Other pandemic impacts, however, are challenging the dental industry’s finances, DeLessio-Matta said. Dentists had to scramble and pay premium prices to get personal protective equipment like masks and shields early in the pandemic and now face increased costs for reconfiguring their practices to minimize virus risk.
At her practice, DeLessio-Matta has installed glass shields through her treatment spaces. To allow aerosols to settle, patient appointments must be spaced farther apart, leading to lower volume. Gady has expanded into an adjacent space in part to allow for larger treatment rooms and safer patient spaces, he said.
The added pandemic-related costs have strained the budgets of many dental practices, DeLessio-Matta said, leading to early retirements and closings. It may also hasten industry consolidation, with corporate “dental service organizations,” or DSOs, making new inroads in an industry long-known for its independent practices.

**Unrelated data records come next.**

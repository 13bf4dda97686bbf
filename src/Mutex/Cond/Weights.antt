-- ===== src/Mutex/Cond/Weights.antt =====
-- What the threads of mutex_prodcons3.c hold and owe, as weights.
use cs_primer.Prelude.{ℕ, ◌≤◌, List, [], ◌∷◌, arith}
use cs_primer.Threads.{Below}
use cs_primer.Mutex.Cond.{
  Thread, put, get, waker, lock_put, store, inc_nput, inc_nval, unlock_put, quit_put, returned_put,
  lock_ready, test_nready, cond_signal, inc_nready, unlock_ready, add_put, test_nput, test_i,
  test_wait, cond_wait, dec_nready, unlock_get, check, returned_get,
}

-- Between the lock of `put.mutex` and its unlock; and of `nready.mutex`.
abbrev pub in_put : Thread → ℕ
in_put (put test_nput _) = 1
in_put (put store _) = 1
in_put (put inc_nput _) = 1
in_put (put inc_nval _) = 1
in_put (put unlock_put _) = 1
in_put (put quit_put _) = 1
in_put _ = 0

abbrev pub in_ready : Thread → ℕ
in_ready (put test_nready _) = 1
in_ready (put cond_signal _) = 1
in_ready (put inc_nready _) = 1
in_ready (put unlock_ready _) = 1
in_ready (get test_wait) = 1
in_ready (get cond_wait) = 1
in_ready (get dec_nready) = 1
in_ready (get unlock_get) = 1
in_ready _ = 0

abbrev pub running : Thread → ℕ
running (put returned_put _) = 0
running (get returned_get) = 0
running waker = 0
running _ = 1

abbrev pub count : Thread → ℕ
count (put _ c) = c
count _ = 0

-- Put, but not yet ready; and not yet counted.
abbrev pub ready_due : Thread → ℕ
ready_due (put inc_nval _) = 1
ready_due (put unlock_put _) = 1
ready_due (put lock_ready _) = 1
ready_due (put test_nready _) = 1
ready_due (put cond_signal _) = 1
ready_due (put inc_nready _) = 1
ready_due _ = 0

abbrev pub count_due : Thread → ℕ
count_due (put unlock_ready _) = 1
count_due (put add_put _) = 1
count_due t = ready_due t

abbrev pub putting : Thread → ℕ
putting (put store _) = 1
putting (put inc_nput _) = 1
putting _ = 0

abbrev pub stored : Thread → ℕ
stored (put inc_nput _) = 1
stored _ = 0

-- About to count an item as ready, without a signal that could still come.
abbrev pub readying : Thread → ℕ
readying (put inc_nready _) = 1
readying _ = 0

-- The consumer, in the body of its loop; with an item that it has taken; about to sleep; about to
-- take an item.
abbrev pub getting : Thread → ℕ
getting (get test_i) = 0
getting (get returned_get) = 0
getting (get _) = 1
getting _ = 0

abbrev pub taken : Thread → ℕ
taken (get unlock_get) = 1
taken (get check) = 1
taken _ = 0

abbrev pub sleepy : Thread → ℕ
sleepy (get cond_wait) = 1
sleepy _ = 0

abbrev pub taking : Thread → ℕ
taking (get dec_nready) = 1
taking _ = 0

abbrev pub is_put : Thread → ℕ
is_put (put _ _) = 1
is_put _ = 0

abbrev pub is_get : Thread → ℕ
is_get (get _) = 1
is_get _ = 0

abbrev pub put_over : Thread → ℕ
put_over (put quit_put _) = 1
put_over (put returned_put _) = 1
put_over _ = 0

abbrev pub get_over : Thread → ℕ
get_over (get returned_get) = 1
get_over _ = 0

abbrev pub weights : List (Thread → ℕ)
weights =
    in_put ∷ in_ready ∷ count ∷ ready_due ∷ count_due ∷ putting ∷ stored ∷ readying ∷ getting
    ∷ taken ∷ sleepy ∷ taking ∷ is_put ∷ is_get ∷ put_over ∷ get_over ∷ []

putting-le : (t : Thread) → putting t ≤ in_put t
putting-le (put lock_put _) = omega arith
putting-le (put p _) = omega arith
putting-le (get p) = omega arith
putting-le waker = omega arith

stored-le : (t : Thread) → stored t ≤ in_put t
stored-le (put lock_put _) = omega arith
stored-le (put p _) = omega arith
stored-le (get p) = omega arith
stored-le waker = omega arith

pub put-Below : Below in_put (putting ∷ stored ∷ [])
put-Below = (putting-le, (stored-le, tt))

readying-le : (t : Thread) → readying t ≤ in_ready t
readying-le (put lock_put _) = omega arith
readying-le (put p _) = omega arith
readying-le (get p) = omega arith
readying-le waker = omega arith

sleepy-le : (t : Thread) → sleepy t ≤ in_ready t
sleepy-le (put lock_put _) = omega arith
sleepy-le (put p _) = omega arith
sleepy-le (get test_i) = omega arith
sleepy-le (get p) = omega arith
sleepy-le waker = omega arith

taking-le : (t : Thread) → taking t ≤ in_ready t
taking-le (put lock_put _) = omega arith
taking-le (put p _) = omega arith
taking-le (get test_i) = omega arith
taking-le (get p) = omega arith
taking-le waker = omega arith

pub ready-Below : Below in_ready (readying ∷ sleepy ∷ taking ∷ [])
ready-Below = (readying-le, (sleepy-le, (taking-le, tt)))

getting-le : (t : Thread) → getting t ≤ is_get t
getting-le (put p _) = omega arith
getting-le (get test_i) = omega arith
getting-le (get p) = omega arith
getting-le waker = omega arith

taken-le : (t : Thread) → taken t ≤ is_get t
taken-le (put p _) = omega arith
taken-le (get test_i) = omega arith
taken-le (get p) = omega arith
taken-le waker = omega arith

pub get-Below : Below is_get (getting ∷ taken ∷ [])
get-Below = (getting-le, (taken-le, tt))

DSOs like Aspen Dental and Heartland Dental are projected to make up nearly 50% of the dental market by 2030, according to industry publication DentistryIQ. Illinois-based Heartland has affiliated practices in Glastonbury and Oxford and Aspen clinics operate in 10 Connecticut locations, including Bristol, Farmington and Glastonbury.
The trend of dentists selling to or working for DSOs is likely to accelerate due to the pandemic, DeLessio-Matta said.
Expense limits adoption
As an added expense, robotic surgery systems like Yomi — which require an initial investment of $150,000 plus per-case fees that can total up to $30,000 a year — are unlikely to find widespread use in Connecticut dentistry until the cost comes down, said Dr. Avinash Bidra, a clinical professor and director of the prosthodontics (tooth replacement) program at UConn’s School of Dental Medicine.
“It is very helpful for very complex surgeries, but ultimately someone has to pay for it,” Bidra said.
However, other helpful technologies like in-mouth cameras that were once prohibitively expensive and rare are now commonly found in dental practices, Bidra added, and the same could one day happen with robotic systems.
For now, navigated surgery using CT scanning has been more widely adopted and allows dentists to operate freehand with much more accuracy.
For Gady, the precision of robotic surgery allows him to offer patients same-day removal and replacement and smaller, lighter dental implants. Patients can also get an entire “arch” or set of teeth replaced in one procedure.
“This will change things,” Gady said of the robotic technology. “It’s just much faster and much more accurate.”